HOW TO COMPLETE THIS TASK: Using the records that appear below, write out exactly the lines from the one with "all ≢ ok []" through the one with "-- a list of factors.", keeping both end lines.

**** DATASET

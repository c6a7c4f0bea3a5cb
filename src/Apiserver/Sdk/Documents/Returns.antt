-- ===== src/Apiserver/Sdk/Documents/Returns.antt =====
-- DSL always returns, if there is a client of CouchDB.
use test_fabric.Base.{
  String, ◌≡◌, refl, ◌≢◌, ◌<◌, Option, none, some, List, [], ◌∷◌, Error, Result, ok, err,
  Bool-cases, ltb, length, inl, inr, get_elem?, get_elem?-some, arith,
}
use test_fabric.Base.Go.{done, or_panic}
use test_fabric.Base.Total.{IsTotal, bind-IsTotal, call-IsTotal, total-Returns, bind_from-IsTotal}
use test_fabric.Apiserver.Define.{Page, Message, QueryRequest}
use test_fabric.Apiserver.Host.{Host, Ciphers}
use test_fabric.Apiserver.Message.Total.{HasSizes, format_response_message-done}
use test_fabric.Apiserver.Sdk.Peers.{Network, generate_range_num}
use test_fabric.Apiserver.Sdk.Peers.Choice.{DrawsBelow, generate_range_num-below}
use test_fabric.Apiserver.Sdk.BlockQuery.{Answer}
use test_fabric.Apiserver.Sdk.Documents.{
  Couch, page_or_first, ask_client, read_documents, answer_read, answer_queried, dsl,
}
use test_fabric.Apiserver.Sdk.Documents.Agrees.{Agrees, dsl-Agrees}

module _ (host : Host) (ciphers : Ciphers host.World) (sizes : HasSizes host)
    (network : Network host.World) (draws : DrawsBelow network) (couch : Couch host.World)
    (clients : (w : host.World) → (couch.get_db_clients w).0 ≢ ok []) (user_id : String) where
  answer_read-IsTotal :
      (function : String) (read : Page × Option (String × Error) × List Message)
      → IsTotal (answer_read host ciphers network couch user_id function read)
  answer_read-IsTotal function (page, some (action, e), messages) = λ w. (_, refl)
  answer_read-IsTotal function (page, none, messages) = λ w.
      let (fs, e, same) = format_response_message-done host ciphers sizes user_id [] messages w in
      rw e (_, refl)

  answer_queried-IsTotal :
      (function : String) (page : Page) (qrs : Result (List String))
      → IsTotal (answer_queried host ciphers network couch user_id function page qrs)
  answer_queried-IsTotal function page (err e) = λ w. (_, refl)
  answer_queried-IsTotal function page (ok qrs) =
      answer_read-IsTotal function (read_documents host ciphers network couch user_id page [] qrs)

  ask_client-IsTotal :
      (syntax : String) (all : Result (List couch.Client))
      → all ≢ ok []
      → IsTotal (ask_client host ciphers network couch user_id syntax all)
  ask_client-IsTotal syntax (err e) there = λ w. (_, refl)
  ask_client-IsTotal syntax (ok []) there = absurd (there refl)
  ask_client-IsTotal syntax (ok (cli ∷ rest)) there =
      bind_from-IsTotal (λ i. i < length (cli ∷ rest))
        (generate_range_num network 0 (length (cli ∷ rest))) _
        (λ w. generate_range_num-below network draws (length (cli ∷ rest)) w (omega arith))
        λ i below.
          let (chosen, at) = get_elem?-some (cli ∷ rest) i below in
          bind-IsTotal (or_panic (get_elem? (cli ∷ rest) i) "index out of range") _
            (λ w. rw at (chosen, refl)) λ one. call-IsTotal (couch.query_documents one syntax)

  dsl-IsTotal :
      (function : String) (request : QueryRequest)
      → IsTotal (dsl host ciphers network couch user_id function request)
  unfolding dsl
  dsl-IsTotal function request =
      elim (Bool-cases (ltb 1000 (page_or_first request.split_page).page_size)) [
        | inl large ↦ rw large (λ w. (_, refl))
        | inr small ↦ rw small λ w.
            let got = couch.get_db_clients w in
            bind-IsTotal (ask_client host ciphers network couch user_id request.dsl_syntax got.0) _
              (ask_client-IsTotal request.dsl_syntax got.0 (clients w))
              (answer_queried-IsTotal function request.split_page) got.1
      ]

  -- On a host whose opened files have sizes, if CouchDB's clients are an error or at least one, and
  -- `rand.Intn` draws below its bound, then DSL returns. Either its answer has an error, which is
  -- the text of its status 1, and no payload, or it has no error, its status is 0 and its payload is
  -- a list of factors.
  pub dsl-done :
      (function : String) (request : QueryRequest) (w : host.World)
      → (answer : Answer) × ((dsl host ciphers network couch user_id function request w).0
          ≡ done answer)
        × Agrees answer
  dsl-done function request w =
      total-Returns Agrees (dsl host ciphers network couch user_id function request)
        (dsl-IsTotal function request)
        (dsl-Agrees host ciphers sizes network couch user_id function request) w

********

TASK RESULT:
      → all ≢ ok []
      → IsTotal (ask_client host ciphers network couch user_id syntax all)
  ask_client-IsTotal syntax (err e) there = λ w. (_, refl)
  ask_client-IsTotal syntax (ok []) there = absurd (there refl)
  ask_client-IsTotal syntax (ok (cli ∷ rest)) there =
      bind_from-IsTotal (λ i. i < length (cli ∷ rest))
        (generate_range_num network 0 (length (cli ∷ rest))) _
        (λ w. generate_range_num-below network draws (length (cli ∷ rest)) w (omega arith))
        λ i below.
          let (chosen, at) = get_elem?-some (cli ∷ rest) i below in
          bind-IsTotal (or_panic (get_elem? (cli ∷ rest) i) "index out of range") _
            (λ w. rw at (chosen, refl)) λ one. call-IsTotal (couch.query_documents one syntax)

  dsl-IsTotal :
      (function : String) (request : QueryRequest)
      → IsTotal (dsl host ciphers network couch user_id function request)
  unfolding dsl
  dsl-IsTotal function request =
      elim (Bool-cases (ltb 1000 (page_or_first request.split_page).page_size)) [
        | inl large ↦ rw large (λ w. (_, refl))
        | inr small ↦ rw small λ w.
            let got = couch.get_db_clients w in
            bind-IsTotal (ask_client host ciphers network couch user_id request.dsl_syntax got.0) _
              (ask_client-IsTotal request.dsl_syntax got.0 (clients w))
              (answer_queried-IsTotal function request.split_page) got.1
      ]

  -- On a host whose opened files have sizes, if CouchDB's clients are an error or at least one, and
  -- `rand.Intn` draws below its bound, then DSL returns. Either its answer has an error, which is
  -- the text of its status 1, and no payload, or it has no error, its status is 0 and its payload is
  -- a list of factors.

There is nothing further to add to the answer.